School students enjoy “hospital days”

Every Thursday at 11am, a group of Central Takaka School students, accompanied by family members and supported by their teachers, ventures down the road to the community hospital to read their favourite books the patients.
Once a term they also entertain patients with a concert or a performance, says school principal Liz Batten, and this term they will perform parts of the school production Jack and the Organic Beanstalk. “The children are amazing. In the beginning, they were quite frightened of the old people. We told them that sometimes the old people cannot react, but that they were still listening,” said Mrs Batten.
“Not everybody has their grandparents around the corner and some of the children don’t have any contact with old people at all, and we get them to touch their hands and to feel their skins. It is very special and we’ve had some really touching moments. I had one little girl who was a bit scared but once she got reading she was fine, and afterwards she said to me that the old people can hear you inside and were listening with their hearts.”

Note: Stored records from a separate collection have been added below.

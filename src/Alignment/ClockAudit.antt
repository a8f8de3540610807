-- ===== src/Alignment/ClockAudit.antt =====
-- The audit of a stream's clocks: tools/multisensor_alignment/src/vt_multisensor_alignment/
-- clock_audit.py. Differences of times are integers, as in Python.
pub mod Steady
mod Tests
use vision_tactile_dataset.Common.{
  ℕ, zero, suc, ◌+◌, Bool, true, false, ◌||◌, Option, none, some, List, [], ◌∷◌, String, ltb, leb,
  if◌then◌else◌, length,
}
use vision_tactile_dataset.Common.Int.{ℤ, pos, negsuc, ◌-ℤ◌, abs}
use vision_tactile_dataset.Common.Monad.{Result, ok, err}

-- The times of the `ClockObservation` of model.py, which checks that they are not negative.
pub record ClockObservation : Type 0 where
  pub monotonic_ns : ℕ
  pub realtime_ns : ℕ

pub data Reason : Type 0 where
  non_increasing clock_step : Reason

pub record ClockViolation : Type 0 where
  pub index : ℕ
  pub reason : Reason
  pub realtime_delta_ns : ℤ
  pub monotonic_delta_ns : ℤ
  pub step_error_ns : ℕ

pub record ClockAudit : Type 0 where
  pub stream_name : String
  pub sample_count : ℕ
  pub maximum_step_error_ns : ℕ
  pub violations : List ClockViolation

-- The property `valid`: no violations.
abbrev pub is_valid : ClockAudit → Bool
is_valid audit = elim audit.violations [ [] ↦ true | _ ∷ _ ↦ false ]

pub data Error : Type 0 where
  empty_stream_name negative_max_step : Error

-- `value <= 0`
abbrev pub is_nonpositive : ℤ → Bool
is_nonpositive (pos zero) = true
is_nonpositive (pos (suc n)) = false
is_nonpositive (negsuc n) = true

abbrev pub max : ℕ → ℕ → ℕ
max a b = if ltb a b then b else a

-- The reason to report a step, or none (the empty text of the code).
unfoldable pub reason_of : ℕ → ℤ → ℤ → ℕ → Option Reason
reason_of max_step realtime_delta monotonic_delta step_error =
    if is_nonpositive realtime_delta || is_nonpositive monotonic_delta
    then some non_increasing
    else if ltb max_step step_error
    then some clock_step
    else none

unfoldable pub delta_of : ℕ → ℕ → ℤ
delta_of current previous = pos current -ℤ pos previous

-- `abs(realtime_delta - monotonic_delta)`
unfoldable pub step_error_of : ClockObservation → ClockObservation → ℕ
step_error_of previous current = abs (
    delta_of current.realtime_ns previous.realtime_ns
    -ℤ delta_of current.monotonic_ns previous.monotonic_ns)

abbrev pub and_violation :
    Option Reason
    → ℕ
    → ClockObservation
    → ClockObservation
    → List ClockViolation
    → List ClockViolation
and_violation none index previous current rest = rest
and_violation (some reason) index previous current rest =
    (record {
      index = index;
      reason = reason;
      realtime_delta_ns = delta_of current.realtime_ns previous.realtime_ns;
      monotonic_delta_ns = delta_of current.monotonic_ns previous.monotonic_ns;
      step_error_ns = step_error_of previous current;
    })
    ∷ rest

-- The reason for the step from an observation to the next.
unfoldable pub step_reason : ℕ → ClockObservation → ClockObservation → Option Reason
step_reason max_step previous current =
    reason_of max_step (delta_of current.realtime_ns previous.realtime_ns)
      (delta_of current.monotonic_ns previous.monotonic_ns) (step_error_of previous current)

-- The loop over consecutive pairs, which are counted from 1: what it appends, and its maximum.
unfoldable pub violations_from :
    ℕ → ℕ → ClockObservation → List ClockObservation → List ClockViolation
violations_from max_step index previous [] = []
violations_from max_step index previous (current ∷ rest) =
    let later = violations_from max_step (index + 1) current rest in
    and_violation (step_reason max_step previous current) index previous current later

unfoldable pub maximum_from : ℕ → ClockObservation → List ClockObservation → ℕ
maximum_from maximum previous [] = maximum
maximum_from maximum previous (current ∷ rest) =
    maximum_from (max maximum (step_error_of previous current)) current rest

abbrev pub violations_of : ℕ → List ClockObservation → List ClockViolation
violations_of max_step [] = []
violations_of max_step (o ∷ os) = violations_from max_step 1 o os

abbrev pub maximum_of : List ClockObservation → ℕ
maximum_of [] = 0
maximum_of (o ∷ os) = maximum_from 0 o os

abbrev pub audited : String → List ClockObservation → ℕ → ClockAudit
audited stream_name observations max_step = record {
  stream_name = stream_name;
  sample_count = length observations;
  maximum_step_error_ns = maximum_of observations;
  violations = violations_of max_step observations;
}

unfoldable pub audit_clock_stream : String → List ClockObservation → ℤ → Result Error ClockAudit
audit_clock_stream String.[] observations max_step = err empty_stream_name
audit_clock_stream (String.◌∷◌ c s) observations (negsuc n) = err negative_max_step
audit_clock_stream (String.◌∷◌ c s) observations (pos n) =
    ok (audited (String.◌∷◌ c s) observations n)
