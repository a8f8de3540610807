-- ===== src/Alignment/ClockAudit/Steady.antt =====
-- What the audit of clock_audit.py accepts, described without its integers.
use vision_tactile_dataset.Common.{
  sym, suc, ℕ, ◌+◌, ◌-◌, ◌≤◌, ◌<◌, ◌≡◌, refl, true, false, none, some, List, [], ◌∷◌, String, arith,
  ◌↔◌, All, Option-cases, inl, inr, length,
}
use vision_tactile_dataset.Common.Int.{pos}
use vision_tactile_dataset.Common.Monad.{ok}
use vision_tactile_dataset.Alignment.ClockAudit.{
  ClockObservation, ClockViolation, ClockAudit, Reason, clock_step, reason_of, delta_of,
  step_error_of, step_reason, violations_from, maximum_from, violations_of, maximum_of, audited,
  audit_clock_stream, is_valid, max,
}

-- From an observation to the next both clocks go on, and by as much, up to a tolerance.
abbrev pub IsSteady : ℕ → ClockObservation → ClockObservation → Type 0
IsSteady tolerance p c =
    (p.realtime_ns < c.realtime_ns)
    × (p.monotonic_ns < c.monotonic_ns)
    × (c.realtime_ns + p.monotonic_ns ≤ p.realtime_ns + c.monotonic_ns + tolerance)
    × (p.realtime_ns + c.monotonic_ns ≤ c.realtime_ns + p.monotonic_ns + tolerance)

-- The same of every two consecutive observations.
abbrev pub AllSteady : ℕ → List ClockObservation → Type 0
AllSteady tolerance [] = Unit
AllSteady tolerance (p ∷ []) = Unit
AllSteady tolerance (p ∷ c ∷ os) = IsSteady tolerance p c × AllSteady tolerance (c ∷ os)

step_reason-none→ :
    (tolerance : ℕ) (p c : ClockObservation)
    → step_reason tolerance p c ≡ none
    → IsSteady tolerance p c
unfolding step_reason reason_of delta_of step_error_of
step_reason-none→ tolerance p c h = ground arith

step_reason-none← :
    (tolerance : ℕ) (p c : ClockObservation)
    → IsSteady tolerance p c
    → step_reason tolerance p c ≡ none
unfolding step_reason reason_of delta_of step_error_of
step_reason-none← tolerance p c h = ground arith

violations_from-Steady :
    (tolerance i : ℕ) (p : ClockObservation) (os : List ClockObservation)
    → violations_from tolerance i p os ≡ []
    → AllSteady tolerance (p ∷ os)
unfolding violations_from
violations_from-Steady tolerance i p [] h = tt
violations_from-Steady tolerance i p (c ∷ os) h = elim (Option-cases (step_reason tolerance p c)) [
  | inl fine ↦
      ground
        (arith, step_reason-none→ tolerance p c fine, violations_from-Steady tolerance (i + 1) c os)
  | inr (r, bad) ↦ absurd (ground arith)
]

Steady-violations_from :
    (tolerance i : ℕ) (p : ClockObservation) (os : List ClockObservation)
    → AllSteady tolerance (p ∷ os)
    → violations_from tolerance i p os ≡ []
unfolding violations_from
Steady-violations_from tolerance i p [] h = refl
Steady-violations_from tolerance i p (c ∷ os) h =
    rw (step_reason-none← tolerance p c h.0) (Steady-violations_from tolerance (i + 1) c os h.1)

violations_of-Steady :
    (tolerance : ℕ) (os : List ClockObservation)
    → (violations_of tolerance os ≡ []) ↔ AllSteady tolerance os
violations_of-Steady tolerance [] = (λ h. tt, λ h. refl)
violations_of-Steady tolerance (p ∷ os) =
    (violations_from-Steady tolerance 1 p os, Steady-violations_from tolerance 1 p os)

is_valid-empty : (a : ClockAudit) → (is_valid a ≡ true) ↔ (a.violations ≡ [])
is_valid-empty a = go a.violations
  where
    go : (vs : List ClockViolation) → (elim vs [ [] ↦ true | _ ∷ _ ↦ false ] ≡ true) ↔ (vs ≡ [])
    go [] = (λ h. refl, λ h. refl)
    go (v ∷ vs) = (λ h. absurd (ground arith), λ h. absurd (ground arith))

audit-is :
    (name : String) (os : List ClockObservation) (tolerance : ℕ) {a : ClockAudit}
    → audit_clock_stream name os (pos tolerance) ≡ ok a
    → audited name os tolerance ≡ a
unfolding audit_clock_stream
audit-is String.[] os tolerance h = absurd (ground arith)
audit-is (String.◌∷◌ c s) os tolerance h = ground arith

-- An audit that was made is valid just when from each observation of the stream to the next both
-- clocks go on, and their advances differ by the tolerance at most.
pub audit-AllSteady :
    (name : String) (os : List ClockObservation) (tolerance : ℕ) {a : ClockAudit}
    → audit_clock_stream name os (pos tolerance) ≡ ok a
    → (is_valid a ≡ true) ↔ AllSteady tolerance os
audit-AllSteady name os tolerance {a} h =
    let same = violations_of-Steady tolerance os in
    let empty = is_valid-empty (audited name os tolerance) in
    simp (sym (audit-is name os tolerance h)) (λ v. same.0 (empty.0 v), λ v. empty.1 (same.1 v))

-- What a violation says: a step of the stream, its error up to a bound, and why it is reported.
abbrev pub IsReported : ℕ → ℕ → ℕ → ℕ → ClockViolation → Type 0
IsReported tolerance first count maximum v =
    (first ≤ v.index)
    × (v.index < first + count)
    × (v.step_error_ns ≤ maximum)
    × (v.reason ≡ clock_step → tolerance < v.step_error_ns)

maximum_from-ge :
    (m : ℕ) (p : ClockObservation) (os : List ClockObservation) → m ≤ maximum_from m p os
unfolding maximum_from
maximum_from-ge m p [] = omega arith
maximum_from-ge m p (c ∷ os) = ground (arith, maximum_from-ge (max m (step_error_of p c)) c os)

weaken :
    (tolerance first count maximum : ℕ) (vs : List ClockViolation)
    → All (IsReported tolerance (first + 1) count maximum) vs
    → All (IsReported tolerance first (count + 1) maximum) vs
weaken tolerance first count maximum [] h = tt
weaken tolerance first count maximum (v ∷ vs) (h, hs) =
    ((omega arith, omega arith, h.2, h.3), weaken tolerance first count maximum vs hs)

clock_step-over :
    (tolerance : ℕ) (p c : ClockObservation) (r : Reason)
    → step_reason tolerance p c ≡ some r
    → r ≡ clock_step
    → tolerance < step_error_of p c
unfolding step_reason reason_of
clock_step-over tolerance p c r h e = ground arith

violations_from-IsReported :
    (tolerance i m : ℕ) (p : ClockObservation) (os : List ClockObservation)
    → All
        (IsReported tolerance i (length os) (maximum_from m p os))
        (violations_from tolerance i p os)
unfolding maximum_from violations_from
violations_from-IsReported tolerance i m p [] = tt
violations_from-IsReported tolerance i m p (c ∷ os) =
    let error = step_error_of p c in
    let top = maximum_from (max m error) c os in
    let below : error ≤ top = ground (arith, maximum_from-ge (max m error) c os) in
    let later = violations_from tolerance (i + 1) c os in
    let one_more : suc (length os) ≡ length os + 1 = omega arith in
    let rest : All (IsReported tolerance i (suc (length os)) top) later = rw one_more (
      weaken tolerance i (length os) top later
        (violations_from-IsReported tolerance (i + 1) (max m error) c os)) in
    elim (Option-cases (step_reason tolerance p c)) [
      | inl fine ↦ rw fine rest
      | inr (r, bad) ↦
          rw bad ((omega arith, omega arith, below, clock_step-over tolerance p c r bad), rest)
    ]

violations_of-IsReported :
    (tolerance : ℕ) (os : List ClockObservation)
    → All (IsReported tolerance 1 (length os - 1) (maximum_of os)) (violations_of tolerance os)
violations_of-IsReported tolerance [] = tt
violations_of-IsReported tolerance (p ∷ os) =
    let count : suc (length os) - 1 ≡ length os = omega arith in
    rw count (violations_from-IsReported tolerance 1 0 p os)

-- Each violation of an audit that was made stands at a step of the stream, counted from 1; its error
-- is at most the maximum of the audit, and is above the tolerance where a clock step is reported.
pub audit-IsReported :
    (name : String) (os : List ClockObservation) (tolerance : ℕ) {a : ClockAudit}
    → audit_clock_stream name os (pos tolerance) ≡ ok a
    → All (IsReported tolerance 1 (length os - 1) a.maximum_step_error_ns) a.violations
audit-IsReported name os tolerance {a} h =
    simp (sym (audit-is name os tolerance h)) (violations_of-IsReported tolerance os)
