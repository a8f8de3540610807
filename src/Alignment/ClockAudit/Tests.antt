-- ===== src/Alignment/ClockAudit/Tests.antt =====
-- A stream whose realtime clock is set forward once, and the theorems at it.
use vision_tactile_dataset.Common.{◌≡◌, refl, true, [], ◌∷◌, ◌↔◌, All}
use vision_tactile_dataset.Common.Int.{pos, negsuc}
use vision_tactile_dataset.Common.Monad.{ok, err}
use vision_tactile_dataset.Alignment.ClockAudit.{
  ClockObservation, ClockAudit, ClockViolation, clock_step, reason_of, delta_of, step_error_of,
  step_reason, violations_from, maximum_from, audit_clock_stream, is_valid, negative_max_step,
}
use vision_tactile_dataset.Alignment.ClockAudit.Steady.{
  AllSteady, IsReported, audit-AllSteady, audit-IsReported,
}

machinery : Unit {0}
unfolding reason_of delta_of step_error_of step_reason violations_from maximum_from
    audit_clock_stream
machinery = tt

abbrev at_10 : ClockObservation
at_10 = record { monotonic_ns = 10; realtime_ns = 110 }

abbrev at_20 : ClockObservation
at_20 = record { monotonic_ns = 20; realtime_ns = 121 }

abbrev at_30 : ClockObservation
at_30 = record { monotonic_ns = 30; realtime_ns = 171 }

abbrev step_found : ClockViolation
step_found = record {
  index = 2;
  reason = clock_step;
  realtime_delta_ns = pos 50;
  monotonic_delta_ns = pos 10;
  step_error_ns = 40;
}

abbrev found : ClockAudit
found = record {
  stream_name = "left";
  sample_count = 3;
  maximum_step_error_ns = 40;
  violations = step_found ∷ [];
}

step_is_found : audit_clock_stream "left" (at_10 ∷ at_20 ∷ at_30 ∷ []) (pos 5) ≡ ok found
unfolding machinery
step_is_found = refl

negative_is_refused : audit_clock_stream "left" (at_10 ∷ []) (negsuc 0) ≡ err negative_max_step
unfolding machinery
negative_is_refused = refl

audit-AllSteady_example : (is_valid found ≡ true) ↔ AllSteady 5 (at_10 ∷ at_20 ∷ at_30 ∷ [])
audit-AllSteady_example =
    audit-AllSteady "left" (at_10 ∷ at_20 ∷ at_30 ∷ []) 5 {a = found} step_is_found

audit-IsReported_example : All (IsReported 5 1 2 40) found.violations
audit-IsReported_example =
    audit-IsReported "left" (at_10 ∷ at_20 ∷ at_30 ∷ []) 5 {a = found} step_is_found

The enjoyment goes both ways and has subtle moments of success, said Mrs Batten. One elderly patient, who had not communicated for a long while, began to recognise a particular girl who visited regularly, and suddenly began to move her arms. One little boy spent memorable times reading to his grandfather, who later passed away. A stroke patient who cannot speak or make any eye contact but nevertheless can hear thanks the children by making a long sound.
Mrs Batten said there were benefits for the children too, such as increases in their confidence, their reading skills, and the development of their emotional intelligence.
“Once they start going over, the children definitely look forward to Thursdays. They call it ‘hospital day’.”
Teacher Siobhan O’Hara said that some children had great confidence, some were more reluctant and others were quite frightened when visiting the hospital, “but when they come back they are all fine”.
“All children have a turn reading and some want to go back more than once.”
The residents’ families and hospital staff support the visits and encourage the children to come along. Psychologist Petra Janchen, who works part-time at the hospital as an activity co-ordinator, says it “takes a community to care for the elderly and chronically ill people.”
Petra believes the hospital day presented a win-win situation for both the young and the old. People who learn to give in this way when young have a good chance of accepting their own suffering at some point in their lives, she said, and it was important for the older patients to feel they were still part of this world and the community and to have a sense of belonging.
“This is reciprocal giving and taking, and the old people act as role models for us all. Emotional intelligence develops when caring for others and when we begin to read emotions in the facial expression of others. Emotional intelligence is complex and there are a lot of intelligent people out there who have no emotional intelligence. It is nothing you can study; you only learn it from being with other people.”
The wider public can also enjoy the performances of Central Takaka students at their whole school production, which runs from 17 to 19 June at The Playhouse. The production of Jack and the Organic Beanstalk, which teacher Andrew Wooster directs, is full of fun and laughter, promises Liz Batten.
Tickets ($5 adults, $3 children) can be purchased from the school office.